▶ **TASK OBJECTIVE**:
From the line with "resume_as writing none" through the line with "pub data Event : Type 0 where", repeat the entries verbatim, both end lines included, and add nothing.

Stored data
--- START ---

-- ===== src/RwLock/Events.antt =====
-- src/blocxx/GenericRWLockImpl.hpp: waits that end, and the threads that use the lock as events in any
-- order.
use libblocxx_deb.Prelude.{
  ℕ, zero, suc, Bool, true, false, Option, none, some, List, [], ◌∷◌, ◌==◌, if◌then◌else◌,
  get_elem?,
}
use libblocxx_deb.Prelude.Words.{dec, inc}
use libblocxx_deb.RwLock.Defs.{
  Call, Lock, LockerInfo, Thread, acquire_read, acquire_read_loop, acquire_write,
  acquire_write_loop, notify_readers, put, release_read, release_write, returns, upgrade_loop,
  running, reading, writing, upgrading, done, timeout_exception,
}

-- A wait that times out, in each of the three loops, also of a thread that was woken and has not
-- gone on yet.
abbrev time_out_writer : ℕ → Thread → Lock → Lock
time_out_writer i t s =
    let u : Lock = put i (returns timeout_exception t.info) (record s { can_read = true }) in
    if s.num_writers == 0 then notify_readers u else u

abbrev time_out_as : Call → ℕ → Thread → Lock → Lock
time_out_as running i t s = s
time_out_as reading i t s = put i (returns timeout_exception t.info) s
time_out_as writing i t s = time_out_writer i t s
time_out_as upgrading i t s =
    time_out_writer i t
      (record s { num_readers = inc s.num_readers; num_writers = dec s.num_writers })

unfoldable pub time_out : ℕ → Thread → Lock → Lock
unfolding notify_readers
time_out i t s = time_out_as t.call i t s

-- A thread that is awake tests its loop again.
abbrev resume_as : Call → Option LockerInfo → ℕ → Thread → Lock → Lock
resume_as reading none i t s = acquire_read_loop i t s
resume_as writing none i t s = acquire_write_loop i t s
resume_as upgrading (some ti) i t s = upgrade_loop ti i t s
resume_as _ _ i t s = s

unfoldable pub resume : ℕ → Thread → Lock → Lock
unfolding acquire_read_loop acquire_write_loop upgrade_loop
resume i t s = if t.asleep then s else resume_as t.call t.info i t s

-- What thread `i` does next; a thread that waits makes no other call.
pub data Event : Type 0 where
  acquires_read acquires_write releases_read wakes resumes times_out : ℕ → Event
  releases_write : ℕ → ℕ → Event

abbrev is_running : Call → Bool
is_running running = true
is_running _ = false

abbrev pub actor : Event → ℕ
actor (acquires_read i) = i
actor (acquires_write i) = i
actor (releases_read i) = i
actor (wakes i) = i
actor (resumes i) = i
actor (times_out i) = i
actor (releases_write j i) = i

unfoldable pub act : Event → ℕ → Thread → Lock → Lock
unfolding acquire_read acquire_write release_read release_write time_out resume
act (acquires_read _) i t s = if is_running t.call then acquire_read i t s else s
act (acquires_write _) i t s = if is_running t.call then acquire_write i t s else s
act (releases_read _) i t s = if is_running t.call then release_read i t s else s
act (releases_write j _) i t s = if is_running t.call then release_write j i t s else s
act (wakes _) i t s = put i (record t { asleep = false }) s
act (resumes _) i t s = resume i t s
act (times_out _) i t s = time_out i t s

abbrev pub act_at : Event → ℕ → Option Thread → Lock → Lock
act_at e i none s = s
act_at e i (some t) s = act e i t s

unfoldable pub step : Event → Lock → Lock
unfolding act
step e s = act_at e (actor e) (get_elem? s.threads (actor e)) s

unfoldable pub run : List Event → Lock → Lock
unfolding step
run [] s = s
run (e ∷ es) s = run es (step e s)

-- Threads that have no lock.
unfoldable pub strangers : ℕ → List Thread
strangers zero = []
strangers (suc n) = returns done none ∷ strangers n

-- The constructor, for a lock that `n` threads use.
unfoldable pub create : ℕ → Lock
unfolding strangers
create n = record { can_read = true; num_readers = 0; num_writers = 0; threads = strangers n }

--- END ---

▶ **EXERCISE RESULT**:
resume_as writing none i t s = acquire_write_loop i t s
resume_as upgrading (some ti) i t s = upgrade_loop ti i t s
resume_as _ _ i t s = s

unfoldable pub resume : ℕ → Thread → Lock → Lock
unfolding acquire_read_loop acquire_write_loop upgrade_loop
resume i t s = if t.asleep then s else resume_as t.call t.info i t s

-- What thread `i` does next; a thread that waits makes no other call.
pub data Event : Type 0 where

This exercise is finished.